ROANOKE TIMES

                         Roanoke Times
                 Copyright (c) 1995, Landmark Communications, Inc.

DATE: SATURDAY, February 18, 1995                   TAG: 9502200017
SECTION: EDITORIAL                    PAGE: A-9   EDITION: METRO 
SOURCE: 
DATELINE:                                 LENGTH: Medium


GUN BANS LEAVE CITIZENS DEFENSELESS

REGARDING your Feb. 20 editorial ``No six-packs, but six-shooters? Sure'' slamming Dels. Morgan Griffith of Salem and Vic Thomas of Roanoke for their part in preventing Roanoke City Council's ill-conceived plan to ban the possession of a handgun within the boundaries of city parks:

As usual, you're promoting hysteria over a simple issue because it involves gun-owners' rights.

Fortunately, Thomas and Griffith are clear-thinking individuals who see beyond the media hysteria and realize it's the criminal, not the gun, that's the real threat to our civilized society. They were able to see that such a law would tend to entrap honest, law-abiding citizens who were passing through a park on their way to another destination, or who stopped to enjoy the park but had a handgun in their vehicles. This law wouldn't prevent criminals from having guns in the park. By their definition, criminals don't obey the laws in the first place.

Such a law would simply ensure that honest citizens were unarmed and helpless if a gun-related incident should occur in a city park.

This would create a situation similar to that at Lubys cafeteria in Kaleen, Texas, where an armed criminal was able to methodically murder victim after victim with no resistance from the patrons. Several of them, who regularly carried a handgun for self-defense, had to watch helplessly as the slaughter continued. Though presented with many opportunities to stop the gunman with return fire, they had been left unarmed by an ill-conceived gun ordinance.

Is this the type of environment we really want to create in our city parks? Wouldn't it make more sense to deal with the criminal misuse of firearms rather than the constitutionally protected right to possess them?

LARRY E. COE

ROANOKE

Armey's apology wasn't required

THE ONLY thing House Majority Leader Dick Armey did wrong when he referred to Democratic Rep.

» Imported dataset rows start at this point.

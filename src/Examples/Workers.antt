-- ===== src/Examples/Workers.antt =====
-- events.py, leases.py: a worker's fenced write, a spent nonce, and a worker whose lease is gone.
use auto_lean.Base.{
  ◌≡◌, ◌⊎◌, refl, false, some, none, [], ◌∷◌, ok, err, arith, lookup, put, attestation_replay,
}
use auto_lean.Base.Int.{pos}
use auto_lean.Base.Text.{is_blank}
use auto_lean.Base.Lists.{All, any}
use auto_lean.Json.{str, field, end}
use auto_lean.Json.Equality.{value_codec}
use auto_lean.Leases.{Lease, aware, claim, assert_current, assert_row, LeaseDb, no_leases}
use auto_lean.Leases.Inversion.{lease_of}
use auto_lean.Leases.Fencing
use auto_lean.Events.{StoredEvent, Db, Request}
use auto_lean.Events.Read.{existing_idempotency}
use auto_lean.Events.Append.{append, validate_append_request}
use auto_lean.Events.Fenced.{
  append_fenced, replay_or_fenced, assert_fenced_replay_task_binding, validate_fenced_task_binding,
  assert_current_fence,
}
use auto_lean.Events.Log.Effect.{Effect}
use auto_lean.Events.Log.History.{empty_db, Reach, Step}
use auto_lean.Events.Log.Nonces.{nonce_is_spent_once}
use auto_lean.Events.Log.Authority.{
  NamesTask, fenced_write_is_authorized, superseded_worker_cannot_write,
}
use auto_lean.Examples.Events.{
  env_at, note, first_key, first_nonce, first_request, claimed_event, claimed_db, second_key,
  append_first, first_is_fresh, runs,
}
use auto_lean.Json.{Json, obj}

abbrev pub lease1 : Lease
lease1 = lease_of "bundle" "w1" 1 100

abbrev pub leases1 : LeaseDb
leases1 = record {
  worker_leases =
      ("bundle", record { holder_id = "w1"; fencing_token = 1; expires_at = 100; updated_at = 0 })
      ∷ [];
  lease_counters = ("bundle", 1) ∷ [];
}

claim1 : claim (aware 0) "bundle" "w1" (pos 100) no_leases ≡ ok (lease1, leases1)
unfolding claim lookup put is_blank
claim1 = refl

abbrev claimed_leases : Db Json
claimed_leases = record claimed_db { leases = leases1 }

to_claimed_leases : Reach value_codec claimed_db claimed_leases
to_claimed_leases =
    Reach.next Reach.here (
      Step.leases leases1 (Fencing.Step.claims (aware 0) "bundle" "w1" (pos 100) lease1 claim1)
        refl)

abbrev submission : Request
submission = record first_request {
  expected_sequence = pos 1;
  new_events = note "task.submitted" (field "bundle_id" (str "bundle") end) ∷ [];
}

second_is_fresh_later : existing_idempotency value_codec claimed_leases (some second_key) ≡ ok none
unfolding runs
second_is_fresh_later = refl

lease1_is_current :
    assert_current_fence value_codec (env_at 9 "e2") "bundle" lease1 claimed_leases ≡ ok tt
unfolding runs assert_current_fence assert_row
lease1_is_current = refl

nonce_is_spent_once_example :
    ((false ≡ false)
      → append value_codec
          (env_at 9 "e2")
          submission
          (some second_key)
          (some first_nonce)
          claimed_leases
        ≡ err attestation_replay)
    × (is_blank "bundle" ≡ false
        → validate_fenced_task_binding "bundle" submission.new_events ≡ ok tt
        → assert_current_fence value_codec (env_at 9 "e2") "bundle" lease1 claimed_leases ≡ ok tt
        → append_fenced value_codec
            (env_at 9 "e2")
            "bundle"
            lease1
            submission
            (some second_key)
            (some first_nonce)
            claimed_leases
          ≡ err attestation_replay)
unfolding validate_append_request any is_blank
nonce_is_spent_once_example =
    nonce_is_spent_once value_codec (env_at 5 "e1") (env_at 9 "e2") first_request submission
      (some first_key) (some second_key) first_nonce first_nonce empty_db claimed_db claimed_leases
      (claimed_event ∷ []) "bundle" lease1 first_is_fresh append_first to_claimed_leases refl
      second_is_fresh_later refl

abbrev worker_db : Db Json
worker_db = record empty_db { leases = leases1 }

to_worker_db : Reach value_codec empty_db worker_db
to_worker_db =
    Reach.next Reach.here (
      Step.leases leases1 (Fencing.Step.claims (aware 0) "bundle" "w1" (pos 100) lease1 claim1)
        refl)

abbrev fenced_request : Request
fenced_request = record submission { expected_sequence = pos 0 }

abbrev submitted_event : StoredEvent
submitted_event = record claimed_event {
  event_type = "task.submitted";
  payload = field "bundle_id" (str "bundle") end;
}

abbrev submitted_db : Db Json
submitted_db = record claimed_db {
  leases = leases1;
  attestation_nonce_uses = [];
  events =
      record {
        global_position = 1;
        event_id = "e1";
        entity_type = "task";
        entity_id = "bundle";
        entity_sequence = 1;
        event_type = "task.submitted";
        payload_json = obj (field "bundle_id" (str "bundle") end);
        metadata_json = obj end;
        recorded_at = 5;
      }
      ∷ [];
}

fenced_write :
    append_fenced value_codec
      (env_at 5 "e1")
      "bundle"
      lease1
      fenced_request
      (some first_key)
      none
      worker_db
    ≡ ok (submitted_event ∷ [], submitted_db)
unfolding runs append_fenced validate_fenced_task_binding replay_or_fenced assert_current_fence
    assert_row
fenced_write = refl

fenced_write_is_authorized_example :
    All (NamesTask value_codec "bundle") fenced_request.new_events
    × (((existing_idempotency value_codec worker_db (some first_key)
            ≡ ok (some (submitted_event ∷ [])))
          × (submitted_db ≡ worker_db))
        ⊎ ((lease1.job_id ≡ "bundle")
            × (assert_current (aware 5) lease1 leases1 ≡ ok tt)
            × Effect value_codec
                (env_at 5 "e1")
                fenced_request
                (some first_key)
                none
                worker_db
                (submitted_event ∷ [])
                submitted_db))
fenced_write_is_authorized_example =
    fenced_write_is_authorized value_codec (env_at 5 "e1") "bundle" lease1 fenced_request
      (some first_key) none worker_db submitted_db (submitted_event ∷ []) fenced_write

abbrev lease2 : Lease
lease2 = lease_of "bundle" "w2" 2 300

abbrev leases2 : LeaseDb
leases2 = record {
  worker_leases =
      ("bundle", record { holder_id = "w2"; fencing_token = 2; expires_at = 300; updated_at = 200 })
      ∷ [];
  lease_counters = ("bundle", 2) ∷ [];
}

claim2 : claim (aware 200) "bundle" "w2" (pos 100) leases1 ≡ ok (lease2, leases2)
unfolding claim lookup put is_blank
claim2 = refl

abbrev later_db : Db Json
later_db = record submitted_db { leases = leases2 }

-- The first worker sends its command again after its lease has passed to the second.
repeated_write :
    append_fenced value_codec
      (env_at 210 "e2")
      "bundle"
      lease1
      fenced_request
      (some first_key)
      none
      later_db
    ≡ ok (submitted_event ∷ [], later_db)
unfolding runs append_fenced validate_fenced_task_binding replay_or_fenced
    assert_fenced_replay_task_binding
repeated_write = refl

to_submitted_db : Reach value_codec worker_db submitted_db
to_submitted_db = Reach.next Reach.here (
    Step.fences (env_at 5 "e1") "bundle" lease1 fenced_request (some first_key) none
      (submitted_event ∷ []) fenced_write)

lease1_was_current : assert_current (aware 4) lease1 leases1 ≡ ok tt
unfolding assert_current lookup
lease1_was_current = refl

superseded_worker_cannot_write_example :
    (later_db ≡ later_db)
    × (existing_idempotency value_codec later_db (some first_key)
        ≡ ok (some (submitted_event ∷ [])))
superseded_worker_cannot_write_example =
    superseded_worker_cannot_write value_codec lease1 lease2 (aware 4) (aware 200) "w2" (pos 100)
      leases2 to_worker_db lease1_was_current to_submitted_db claim2 (omega arith) refl Reach.here
      (env_at 210 "e2") "bundle" fenced_request (some first_key) none (submitted_event ∷ [])
      later_db repeated_write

Barney Frank of Massachusetts as a ``fag'' was apologize for it.

After all is said and done, truth is truth and refuses to be colored in any other way. If it is, then it's no longer truth.

Frank freely chose to adopt a lifestyle that's foreign to a proper lifestyle. Say what you want, but the truth still dictates that it isn't normal. Frank should be willing to accept the responsibilities and descriptive terms that reveal his lifestyle.

ROBERT L. JOHNSON

FERRUM

Respect lacking for the dead and living

I'D LIKE to comment on the driving habits I observed while recently in a funeral procession.

The funeral was held in Rocky Mount. Policemen from Rocky Mount, Franklin County, Roanoke County and Roanoke city did an excellent job of escorting the processional from Flora Funeral Home to Blue Ridge Memorial Gardens by using flashing lights on the various vehicles.

I was in the seventh car in the procession. I counted five vehicles that cut into or through the procession while we were on Interstate 581 from Virginia 419 until we got off onto Peters Creek Road.

To me, this was very disrespectful. What was worse than the disrespect was the danger one car's driver put me in. He came onto I-581 from Virginia 419. He had to ``floor'' his vehicle and immediately apply his brakes to avoid hitting the person in the car ahead of me.

Are we all in such a hurry that we cannot show a little respect as well as consideration for the safety of others?

DAVID E. SMITH

ROCKY MOUNT

Hard-sell tactics took center ring

MY HUSBAND and I took our three young children to the Shrine Circus on a recent Saturday afternoon. What ruined this circus were the ringperson's hard-sell tactics.

At the beginning of the show, she hawked a toy, stating that there would be a special activity for those children who have one. (The toys were not free.) Most disturbing was at intermission when she announced: ``Parents, for $2 your child can have a circus coloring book, and there's a prize for every child who buys one. Only those children who have coloring books will be winners.'' As the lines grew to obtain the prize (a cheap plastic whistle), she then said, ``You're not a winner unless you have a coloring book.''

If an organization has to resort to such callous commercialism to raise money, a close examination of its fund-raising techniques is warranted. Having activities only for parents who buy additional items and suggesting that children without the items are losers is appalling. I'm sorry my children were subjected to this poor display of crass commercialism.